-- ===== src/Store/Spool.antt =====
-- memory.go: the durable CDC spool, a list of staged source transactions for each task and direction.
pub mod Sequence
pub mod Queue
pub mod Draining
use dts.Common.{
  ℕ, zero, suc, String, Bool, true, false, ◌+◌, ◌-◌, ◌≡◌, List, [], ◌∷◌, ◌++◌, Option, none, some,
  Result, ok, err, ltb, leb, ◌==◌, not, ◌||◌, ◌&&◌, ◌=s=◌, if◌then◌else◌, length, take,
}
use dts.Domain.{SpoolRecord, SpoolStatus, SpoolStats}
use dts.Store.Defs.{Store, StoreError, not_found}

abbrev pub is_pending : SpoolStatus → Bool
is_pending SpoolStatus.pending = true
is_pending SpoolStatus.applied = false

abbrev pub no_stats : SpoolStats
no_stats = record {
  pending_transactions = 0;
  pending_events = 0;
  pending_bytes = 0;
  first_position = "";
  last_position = "";
}

module _ {E : Type 0} where
  -- `v.TaskID == taskID && v.Direction == direction`
  abbrev pub is_of : String → String → SpoolRecord E → Bool
  is_of task_id direction v = v.task_id =s= task_id && v.direction =s= direction

  abbrev pub is_pending_of : String → String → SpoolRecord E → Bool
  is_pending_of task_id direction v = is_of task_id direction v && is_pending v.status

  -- The first loop of `CreateCDCSpool`: the record of that id.
  unfoldable pub find_id : String → List (SpoolRecord E) → Option (SpoolRecord E)
  find_id id [] = none
  find_id id (v ∷ vs) = if v.id =s= id then some v else find_id id vs

  -- The second loop: the largest sequence of the task and direction.
  unfoldable pub max_sequence : String → String → ℕ → List (SpoolRecord E) → ℕ
  max_sequence task_id direction m [] = m
  max_sequence task_id direction m (v ∷ vs) =
      max_sequence task_id direction
        (if is_of task_id direction v && ltb m v.sequence then v.sequence else m) vs

  -- What `CreateCDCSpool` completes in a new record. `json_bytes` is `json.Marshal`'s length, if it
  -- succeeds.
  unfoldable pub complete_record : (List E → Option ℕ) → ℕ → SpoolRecord E → SpoolRecord E
  complete_record json_bytes sequence v =
      let bytes =
        (if v.payload_bytes == 0 && ltb 0 (length v.events)
          then elim (json_bytes v.events) [ none ↦ v.payload_bytes | some n ↦ n ]
          else v.payload_bytes) in
      record v {
        sequence = sequence;
        event_count = if v.event_count == 0 then length v.events else v.event_count;
        payload_bytes = bytes;
      }

  -- `CreateCDCSpool`, with the sequence that it writes into the caller's record.
  unfoldable pub create_cdc_spool : (List E → Option ℕ) → Store E → SpoolRecord E → Store E × ℕ
  unfolding find_id max_sequence complete_record
  create_cdc_spool json_bytes s v = elim (find_id v.id s.cdc_spool) [
    | some old ↦ (s, old.sequence)
    | none ↦
        let sequence = max_sequence v.task_id v.direction 0 s.cdc_spool + 1 in
        (
          record s { cdc_spool = s.cdc_spool ++ (complete_record json_bytes sequence v ∷ []) },
          sequence,
        )
  ]

  -- The pending records of a task and direction, in the store's order.
  unfoldable pub pending_records : String → String → List (SpoolRecord E) → List (SpoolRecord E)
  pending_records task_id direction [] = []
  pending_records task_id direction (v ∷ vs) =
      if is_pending_of task_id direction v
      then v ∷ pending_records task_id direction vs
      else pending_records task_id direction vs

  -- `sort.Slice` by sequence.
  unfoldable pub insert_by_sequence : SpoolRecord E → List (SpoolRecord E) → List (SpoolRecord E)
  insert_by_sequence v [] = v ∷ []
  insert_by_sequence v (w ∷ ws) =
      if ltb w.sequence v.sequence then w ∷ insert_by_sequence v ws else v ∷ w ∷ ws

  unfoldable pub sort_by_sequence : List (SpoolRecord E) → List (SpoolRecord E)
  unfolding insert_by_sequence
  sort_by_sequence [] = []
  sort_by_sequence (v ∷ vs) = insert_by_sequence v (sort_by_sequence vs)

  -- `ListCDCSpool`
  unfoldable pub list_cdc_spool : Store E → String → String → ℕ → List (SpoolRecord E)
  unfolding pending_records sort_by_sequence
  list_cdc_spool s task_id direction limit =
      let limit' = if limit == 0 || ltb 10000 limit then 200 else limit in
      take limit' (sort_by_sequence (pending_records task_id direction s.cdc_spool))

  -- `if found == nil || v.Sequence > found.Sequence`
  abbrev later : Option (SpoolRecord E) → SpoolRecord E → Option (SpoolRecord E)
  later none v = some v
  later (some w) v = if ltb w.sequence v.sequence then some v else some w

  -- The loop of `LatestPendingCDCSpool`.
  unfoldable pub latest_pending :
      String → String → Option (SpoolRecord E) → List (SpoolRecord E) → Option (SpoolRecord E)
  latest_pending task_id direction found [] = found
  latest_pending task_id direction found (v ∷ vs) =
      latest_pending task_id direction
        (if is_pending_of task_id direction v then later found v else found) vs

  unfoldable pub latest_pending_cdc_spool :
      Store E → String → String → Result StoreError (SpoolRecord E)
  unfolding latest_pending
  latest_pending_cdc_spool s task_id direction =
      elim (latest_pending task_id direction none s.cdc_spool) [
        | none ↦ err not_found
        | some v ↦ ok v
      ]

  -- The loop of `MarkCDCSpoolApplied`: the first record of that id.
  unfoldable pub mark_applied : String → ℕ → List (SpoolRecord E) → Option (List (SpoolRecord E))
  mark_applied id at [] = none
  mark_applied id at (v ∷ vs) =
      if v.id =s= id
      then some (record v { status = SpoolStatus.applied; applied_at = at } ∷ vs)
      else elim (mark_applied id at vs) [ none ↦ none | some ws ↦ some (v ∷ ws) ]

  -- `MarkCDCSpoolApplied`
  unfoldable pub mark_cdc_spool_applied : Store E → String → ℕ → Result StoreError (Store E)
  unfolding mark_applied
  mark_cdc_spool_applied s id at = elim (mark_applied id at s.cdc_spool) [
    | none ↦ err not_found
    | some spool ↦ ok (record s { cdc_spool = spool })
  ]

  abbrev pub is_applied_of : String → String → SpoolRecord E → Bool
  is_applied_of task_id direction v = is_of task_id direction v && not (is_pending v.status)

  unfoldable pub count_applied : String → String → List (SpoolRecord E) → ℕ
  count_applied task_id direction [] = 0
  count_applied task_id direction (v ∷ vs) =
      (if is_applied_of task_id direction v then 1 else 0) + count_applied task_id direction vs

  -- Drops the first `n` applied records of the task and direction.
  unfoldable pub drop_applied : String → String → ℕ → List (SpoolRecord E) → List (SpoolRecord E)
  drop_applied task_id direction n [] = []
  drop_applied task_id direction zero (v ∷ vs) = v ∷ vs
  drop_applied task_id direction (suc n) (v ∷ vs) =
      if is_applied_of task_id direction v
      then drop_applied task_id direction n vs
      else v ∷ drop_applied task_id direction (suc n) vs

  -- `DeleteAppliedCDCSpool`, for a `keep` that is not negative.
  unfoldable pub delete_applied_cdc_spool : Store E → String → String → ℕ → Store E
  unfolding count_applied drop_applied
  delete_applied_cdc_spool s task_id direction keep =
      let remove = count_applied task_id direction s.cdc_spool - keep in
      record s { cdc_spool = drop_applied task_id direction remove s.cdc_spool }

  -- The loop of `CDCSpoolStats`.
  unfoldable pub add_stats : String → String → SpoolStats → List (SpoolRecord E) → SpoolStats
  add_stats task_id direction out [] = out
  add_stats task_id direction out (v ∷ vs) =
      add_stats task_id direction
        (if is_pending_of task_id direction v
          then record {
            pending_transactions = out.pending_transactions + 1;
            pending_events = out.pending_events + v.event_count;
            pending_bytes = out.pending_bytes + v.payload_bytes;
            first_position =
                if out.first_position =s= "" then v.position_value else out.first_position;
            last_position = v.position_value;
          }
          else out)
        vs

  -- `CDCSpoolStats`
  unfoldable pub cdc_spool_stats : Store E → String → String → SpoolStats
  unfolding add_stats
  cdc_spool_stats s task_id direction = add_stats task_id direction no_stats s.cdc_spool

::::

== What you will do ==
Read the listing above, then copy every line that includes the string "SpoolStatus".

== Result for this exercise ==
use dts.Domain.{SpoolRecord, SpoolStatus, SpoolStats}
abbrev pub is_pending : SpoolStatus → Bool
is_pending SpoolStatus.pending = true
is_pending SpoolStatus.applied = false
      then some (record v { status = SpoolStatus.applied; applied_at = at } ∷ vs)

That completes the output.